I know, I tend to get impatient also. Regular humidors are a pain in the ass. I will probably only need to run it in the summer, but I understand they do a great job even unplugged. I have a lot invested in CC's and want to treat them with the utmost care. Not that NC's are any less valuable, but you get my drift......

I used to live a ways south of you, in West Palm. Loved it in PSL; not nearly as crowded and crime ridden as WPB, hope that hasn't changed.


----------



## falconman515 (Jul 10, 2011)

IBEW said:


> Yes, very true.

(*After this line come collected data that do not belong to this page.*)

-- ===== src/Peer/Closing.antt =====
-- What `Close` of RemoteControl_rtc/RemoteControl_rtc/PeerSession.cpp leaves behind.
use webrtc_cpp_remote_contro.Base.{◌≡◌, true, false, All}
use webrtc_cpp_remote_contro.Control.Channel.{Channel}
use webrtc_cpp_remote_contro.Control.Channel
use webrtc_cpp_remote_contro.Peer.Session.{
  Session, Effect, sdp_ready, candidate_ready, media_event, control_event, add_candidate, ask_offer,
  ask_answer, set_local_description, set_remote_description, Outcome,
}

-- Nothing is said to the other side, to the dialog's media and control events or to the connection.
abbrev pub Silent : Effect → Type 0
Silent (sdp_ready sdp type) = ⊥
Silent (candidate_ready c) = ⊥
Silent (media_event event width height) = ⊥
Silent (control_event detail) = ⊥
Silent (add_candidate c) = ⊥
Silent ask_offer = ⊥
Silent ask_answer = ⊥
Silent (set_local_description sdp type) = ⊥
Silent (set_remote_description sdp type) = ⊥
Silent _ = Unit

abbrev pub Hushed : Session → Type 0
Hushed s = (s.is_closed ≡ true) × (s.connection ≡ false)

abbrev Stays : Outcome → Type 0
Stays r = Hushed r.0 × All Silent r.1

In fact it was Falconman's thread that pushed me down this slope!





Flapjack23 said:


> Me too!


*I love seeing my name as the reason for making you BOTL out there even more broke than you already are!!!* 

Can't wait to see the pics Tim and as always with any brother on here needing help with their new wineador .... my PM box is always open for questions as I'm always willing to help!

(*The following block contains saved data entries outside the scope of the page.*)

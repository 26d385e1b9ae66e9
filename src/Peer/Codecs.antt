-- ===== src/Peer/Codecs.antt =====
-- The order of codecs that PreferCodec of RemoteControl_rtc/RemoteControl_rtc/PeerSession.cpp asks for.
use webrtc_cpp_remote_contro.Base.{
  ℕ, ◌+◌, Bool, true, false, not, ◌&&◌, List, [], ◌∷◌, ◌++◌, Option, none, some, Bytes, codes, map,
  ltb, leb, if◌then◌else◌, is_empty, bytes_eq, find_behind, take,
}

pub record Codec : Type 0 where
  pub mime_type : Bytes
  pub sdp_fmtp_line : Bytes

-- `std::tolower` in the "C" locale.
abbrev pub to_lower : ℕ → ℕ
to_lower c = if leb b'A' c && leb c b'Z' then c + 32 else c

-- `_stricmp(a, b) == 0`
unfoldable pub stricmp_eq : Bytes → Bytes → Bool
unfolding bytes_eq
stricmp_eq a b = bytes_eq (map to_lower a) (map to_lower b)

unfoldable pub profile_score : Option Bytes → ℕ
unfolding bytes_eq
profile_score none = 40
profile_score (some behind) =
    let prefix = take 2 behind in
    if bytes_eq prefix (codes "64")
    then 0
    else if bytes_eq prefix (codes "4d")
    then 10
    else if bytes_eq prefix (codes "42")
    then 20
    else 30

abbrev found : Option Bytes → Bool
found none = false
found (some rest) = true

-- `h264_score`
unfoldable pub h264_score : Option Codec → ℕ
unfolding profile_score find_behind
h264_score none = 1000
h264_score (some codec) =
    let fmtp = map to_lower codec.sdp_fmtp_line in
    (if found (find_behind (codes "packetization-mode=1") fmtp) then 0 else 100)
    + profile_score (find_behind (codes "profile-level-id=") fmtp)

-- The test of the two loops.
unfoldable pub is_codec : Bytes → Option Codec → Bool
unfolding stricmp_eq
is_codec mime_type none = false
is_codec mime_type (some codec) = stricmp_eq codec.mime_type mime_type

-- The codecs that pass a test, in order.
unfoldable pub select : (Option Codec → Bool) → List (Option Codec) → List (Option Codec)
select test [] = []
select test (codec ∷ codecs) =
    let rest = select test codecs in if test codec then codec ∷ rest else rest

-- `std::stable_sort` by a score, as an insertion sort.
unfoldable pub insert_by :
    (Option Codec → ℕ) → Option Codec → List (Option Codec) → List (Option Codec)
insert_by score codec [] = codec ∷ []
insert_by score codec (x ∷ xs) =
    let rest = insert_by score codec xs in
    if ltb (score x) (score codec) then x ∷ rest else codec ∷ x ∷ xs

unfoldable pub stable_sort : (Option Codec → ℕ) → List (Option Codec) → List (Option Codec)
unfolding insert_by
stable_sort score [] = []
stable_sort score (x ∷ xs) = insert_by score x (stable_sort score xs)

-- `ordered`, or `none` where the function returns without setting it.
unfoldable pub preferred_order : Bytes → List (Option Codec) → Option (List (Option Codec))
unfolding is_codec select stable_sort h264_score stricmp_eq
preferred_order mime_type codecs =
    let preferred = select (is_codec mime_type) codecs in
    let others = select (λ codec. not (is_codec mime_type codec)) codecs in
    let ordered =
      if stricmp_eq mime_type (codes "video/H264")
      then stable_sort h264_score preferred
      else preferred in
    if is_empty preferred then none else some (ordered ++ others)

-- `none` for an engine without a factory or a factory without capabilities. Of the transceivers, each
-- of that media type gets the order.
unfoldable pub prefer_codec :
    Bool → Bytes → Option (List (Option Codec)) → Option (List (Option Codec))
unfolding preferred_order
prefer_codec connection mime_type none = none
prefer_codec connection mime_type (some codecs) =
    if not connection then none else preferred_order mime_type codecs
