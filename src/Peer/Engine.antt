-- ===== src/Peer/Engine.antt =====
-- RemoteControl_rtc/RemoteControl_rtc/WebRtcEngine.cpp. What libwebrtc answers is an argument.
use webrtc_cpp_remote_contro.Base.{
  ℕ, ◌+◌, ◌≡◌, refl, Bool, true, false, not, ◌&&◌, List, [], ◌∷◌, ◌++◌, arith, if◌then◌else◌,
}

-- `factory_` by whether it is set.
pub record Engine : Type 0 where
  pub initialized : Bool
  pub factory : Bool

-- A successful `LibWebRTC::Initialize`, `LibWebRTC::Terminate`, and `Terminate` of the factory.
pub data Call : Type 0 where
  library_opened library_terminated factory_terminated : Call

-- `library` is the answer of `LibWebRTC::Initialize`, `created` whether a factory was created, `started`
-- the answer of its `Initialize`. The last component is the result.
unfoldable pub initialize : Engine → Bool → Bool → Bool → (Engine × List Call) × Bool
initialize e library created started =
    if e.initialized
    then ((e, []), true)
    else if not library
    then ((e, []), false)
    else if not (created && started)
    then ((record e { factory = false }, library_opened ∷ library_terminated ∷ []), false)
    else ((record { initialized = true; factory = true }, library_opened ∷ []), true)

unfoldable pub shutdown : Engine → Engine × List Call
shutdown e = if not e.initialized then (e, []) else (
  record { initialized = false; factory = false },
  (if e.factory then factory_terminated ∷ [] else []) ++ (library_terminated ∷ []),
)

pub data Operation : Type 0 where
  initializes : Bool → Bool → Bool → Operation
  shuts_down : Operation

unfoldable pub operate : Engine → Operation → Engine × List Call
unfolding initialize shutdown
operate e (initializes library created started) = (initialize e library created started).0
operate e shuts_down = shutdown e

unfoldable pub operate_all : Engine → List Operation → Engine × List Call
unfolding operate
operate_all e [] = (e, [])
operate_all e (o ∷ os) =
    let first = operate e o in let rest = operate_all first.0 os in (rest.0, first.1 ++ rest.1)

abbrev pub new_engine : Engine
new_engine = record { initialized = false; factory = false }

unfoldable pub opens : List Call → ℕ
opens [] = 0
opens (library_opened ∷ cs) = opens cs + 1
opens (_ ∷ cs) = opens cs

unfoldable pub terminations : List Call → ℕ
terminations [] = 0
terminations (library_terminated ∷ cs) = terminations cs + 1
terminations (_ ∷ cs) = terminations cs

opens-++ : (a b : List Call) → opens (a ++ b) ≡ opens a + opens b
unfolding opens
opens-++ [] b = omega arith
opens-++ (library_opened ∷ a) b = omega (arith, opens-++ a b)
opens-++ (library_terminated ∷ a) b = opens-++ a b
opens-++ (factory_terminated ∷ a) b = opens-++ a b

terminations-++ : (a b : List Call) → terminations (a ++ b) ≡ terminations a + terminations b
unfolding terminations
terminations-++ [] b = omega arith
terminations-++ (library_terminated ∷ a) b = omega (arith, terminations-++ a b)
terminations-++ (library_opened ∷ a) b = terminations-++ a b
terminations-++ (factory_terminated ∷ a) b = terminations-++ a b

abbrev held : Engine → ℕ
held e = if e.initialized then 1 else 0

-- A step keeps the account of the library, and the factory is there exactly while it is initialized.
abbrev Balanced : Engine → Engine × List Call → Type 0
Balanced e r = (r.0.factory ≡ r.0.initialized) × (opens r.1 + held e ≡ terminations r.1 + held r.0)

operate-Balanced :
    (e : Engine) (o : Operation) → e.factory ≡ e.initialized → Balanced e (operate e o)
unfolding operate opens terminations
operate-Balanced e (initializes library created started) h = ground (arith)
operate-Balanced e shuts_down h = ground (arith)

operate_all-Balanced :
    (e : Engine) (os : List Operation) → e.factory ≡ e.initialized → Balanced e (operate_all e os)
unfolding operate_all opens terminations
operate_all-Balanced e [] h = (h, refl)
operate_all-Balanced e (o ∷ os) h =
    let (same, first) = operate-Balanced e o h in
    let (last, rest) = operate_all-Balanced (operate e o).0 os same in
    let more = operate_all (operate e o).0 os in
    (
      last,
      omega (
        arith,
        first,
        rest,
        opens-++ (operate e o).1 more.1,
        terminations-++ (operate e o).1 more.1,
      ),
    )

-- Whatever is called in whatever order on a new engine, and whatever libwebrtc answers, the engine has
-- a factory exactly while it is initialized, and the library was opened as often as it was terminated,
-- and once more while the engine is initialized.
pub library_balanced :
    (os : List Operation)
    → let r = operate_all new_engine os in
      (r.0.factory ≡ r.0.initialized)
      × (opens r.1 ≡ terminations r.1 + (if r.0.initialized then 1 else 0))
library_balanced os =
    let (same, balance) = operate_all-Balanced new_engine os refl in (same, omega (arith, balance))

Have fun with your new cooler brother ... it's all downhill from here! :biggrin1:


----------



## Othello (Jan 20, 2012)

falconman515 said:


> *I love seeing my name as the reason for making you BOTL out there even more broke than you already are!!!*
> 
> Can't wait to see the pics Tim and as always with any brother on here needing help with their new wineador .... my PM box is always open for questions as I'm always willing to help!
> 
> Have fun with your new cooler brother ... it's all downhill from here! :biggrin1:


Yes, Chris; You are an enabler, and we love you for it!:grouphug:


----------



## falconman515 (Jul 10, 2011)

Othello said:


> Yes, Chris; You are an enabler, and we love you for it!:grouphug:


Now I must enable you to post pics!!!!!


----------



## Othello (Jan 20, 2012)

falconman515 said:


> Now I must enable you to post pics!!!!!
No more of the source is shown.